The last stop of the day is in the Taipei suburbs of the Pau-Tou-Tsuo Valley near Linkou, where the smallest supplier is headquartered -- and where the Taiwanese business model is in full relief. There on a quiet hilltop is GesTek, the global EMC Standard Technology Corp. GesTek is a one-year-old startup with 17 employees and revenues of $1.5 million whose job is to test the electromagnetic interference, or EMI, levels of notebook computers. EMI is one of the most serious problems facing notebook makers: the tight design and high speed of the processors make the EMI far worse than in desktop PCs. Because these units can interfere with communications on airplanes and interrupt radio, television, and emergency broadcasting, both the United States and European nations have issued strict regulations governing EMI.
Raymond Chang, a 37-year-old engineer and entrepreneur, saw a business opportunity in this technological problem and came out to this rolling open space outside Taipei to set up shop. By positioning the test center in the center of a deep valley, Chang's company cuts down on radio waves and other interference, improving on the tests and delivering superior results to his customers.
In many ways Chang typifies the young Taiwanese entrepreneur. He is highly educated and experienced. He is also willing to do whatever it takes to succeed -- including working from 8 a.m. to midnight, seven days a week, as he did for the first six months of GesTek's life. Chang already has plans for the growth and expansion of his young company. Today he says 40% of his business comes from the notebook computer industry -- but he tests all types of electronic equipment. "It is dangerous to depend on just one product," he says.
It has taken Taiwan the better part of a decade -- and Tsiang half that time -- to rise to global dominance in the notebook business. And yet, for the uniformity of the country's business model and the singleness of purpose with which companies at all levels of the supply chain participate, Taiwan's position seems fragile and tenuous -- a lesson in what it takes not only to achieve competitive leadership but also to sustain it.
For one thing, as hard as the Taiwanese work at every level of the supply chain, success delivers little in the way of security or comfort. Notebook manufacturing as an OEM has unlimited pressures and limited rewards. The OEM deals are almost always structured so that the Taiwanese manufacturers assume all the risk and carry all the inventory. If prices shift, markets veer, or technology changes, the burden falls on the Taiwanese, not the U.S. or Japanese computer companies. Even when times are good, the margins are always thin: with net profits of 3% to 4%, the Taiwanese measure prosperity in small increments.

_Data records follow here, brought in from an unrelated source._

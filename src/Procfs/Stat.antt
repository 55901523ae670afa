-- ===== src/Procfs/Stat.antt =====
-- The entries of /proc that go/src/dropbox/procfs/stat.go reads, with their cache.
pub mod Line
pub mod Cached
use dbx_build_tools.Base.{
  ℕ, suc, ◌+◌, ◌-◌, Bool, true, false, Option, none, some, List, [], ◌∷◌, ◌++◌, Str, codes, index,
  slice, take, drop, is_nil, if◌then◌else◌, ltb,
}
use dbx_build_tools.Base.Result.{Result, ok, err, panic, ◌>>=◌}
use dbx_build_tools.Procfs.Fault.{Fault}
use dbx_build_tools.Procfs.Tree.{ProcStat}

-- The four fields that `Sscanf` reads with "%s %d %d %d".
abbrev pub Scanned : Type 0
Scanned = Str × ℕ × ℕ × ℕ

module _ (atoi : Str → Option ℕ) (scan : Str → Option Scanned) where
  abbrev pub stat_of : ℕ → Str → Option Scanned → Result Fault ProcStat
  stat_of pid cmd none = err Fault.other
  stat_of pid cmd (some (state, ppid, pgrp, session_id)) = ok (record {
    pid = pid;
    cmd = cmd;
    state = state;
    ppid = ppid;
    pgrp = pgrp;
    session_id = session_id;
  })

  -- From `stats.Cmd = string(bytes[i+2 : j])` on.
  unfoldable pub parse_rest : ℕ → Str → ℕ → Option ℕ → Result Fault ProcStat
  parse_rest pid bytes i none = panic
  parse_rest pid bytes i (some j) = elim (slice bytes (i + 2) j) [
    | none ↦ panic
    | some cmd ↦ stat_of pid cmd (scan (drop (j + 2) bytes))
  ]

  -- `ReadProcStats` on the bytes of the file.
  unfoldable pub parse_proc_stats : Str → Result Fault ProcStat
  unfolding parse_rest
  parse_proc_stats bytes = elim (index bytes (codes " (")) [
    | none ↦ panic
    | some i ↦ elim (atoi (take i bytes)) [
      | none ↦ err Fault.other
      | some pid ↦ parse_rest pid bytes i (index bytes (codes ") "))
    ]
  ]

  -- The loop of `readAllProcStats` over the names in /proc.
  unfoldable pub stats_loop :
      (ℕ → Result Fault Str) → List Str → List ProcStat → Result Fault (List ProcStat)
  unfolding parse_proc_stats
  stats_loop read_file [] group_stats = ok group_stats
  stats_loop read_file (ent ∷ entries) group_stats = elim (atoi ent) [
    | none ↦ stats_loop read_file entries group_stats
    | some pid ↦ elim (read_file pid >>= parse_proc_stats) [
      | panic ↦ panic
      | err e ↦ stats_loop read_file entries group_stats
      | ok st ↦ stats_loop read_file entries (group_stats ++ st ∷ [])
    ]
  ]

  -- `readAllProcStats`; `entries` is what opening and listing /proc gives.
  unfoldable pub read_all_proc_stats :
      Result Fault (List Str) → (ℕ → Result Fault Str) → Result Fault (List ProcStat)
  unfolding stats_loop
  read_all_proc_stats entries read_file = entries >>= λ names.
      stats_loop read_file names [] >>= λ group_stats.
      if is_nil group_stats then err Fault.other else ok group_stats

-- `cacheTime` and `cacheProcStats`, with times in nanoseconds since the zero time.
pub record Cache : Type 0 where
  pub cache_time : ℕ
  pub cache_proc_stats : List ProcStat

-- `cachedReadAllProcStats`, where `longest` is the greatest Duration, at which `Sub` stops.
unfoldable pub cached_read_all :
    ℕ → ℕ → ℕ → Result Fault (List ProcStat) → Cache → Cache × Result Fault (List ProcStat)
cached_read_all longest now stale_allowed read cache =
    let age = now - cache.cache_time in
    if ltb stale_allowed (if ltb longest age then longest else age)
    then elim read [
      | panic ↦ (cache, panic)
      | err e ↦ (cache, err e)
      | ok ps ↦ (record { cache_time = now; cache_proc_stats = ps }, ok ps)
    ]
    else (cache, ok cache.cache_proc_stats)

More troubling, the business model on which Taiwan's success is built has little or nothing that is globally distinctive. Tsiang, who saw more complex competitive dynamics in his years at Wang Laboratories, looks at the notebook manufacturing business as virtually a turnkey operation. In fact, says Tsiang, a savvy entrepreneur armed with a lot of cash could get into the notebook business without a single employee. All the parts can be purchased from suppliers, the design contracted out to design firms.
Even the tightly knit relationships that make the Taiwanese system run are subject to the relentless cost pressures of global competition. United States producers look at Taiwan and think of it as "offshore" production; the Taiwanese know that offshore is already moving offshore. The big notebook players in Taiwan have established manufacturing plants in Malaysia, Thailand, and mainland China, looking for new ways to squeeze costs. FIC, for example, ships pieces of entry-level notebooks to assembly plants in China where workers receive one-eighth the pay of the Taiwanese. At the moment, cost savings are slim: the efficiency in China is half that in Taiwan, the quality is still poor, and the supply chain has yet to materialize.
Nonetheless, farsighted players in the Taiwanese network can see the trajectory of the future. "Jaguar" Tony Chang, for example, understands what it will take to keep his place in the production chain. When he hears of impending competition from China or other new entries in the manufacturing network, Chang smiles. "It will be at least three years before they get this capability," he says. "And we will follow our customers. Where they go, we will go."
For his part, Tsiang casts an experienced eye on the toll that competition takes. When he came to Taiwan five years ago, there were more than 50 notebook computer makers. Today there are 22. "There will be a big shake-up in the notebook industry in Taiwan," says Tsiang. "There are more companies than customers."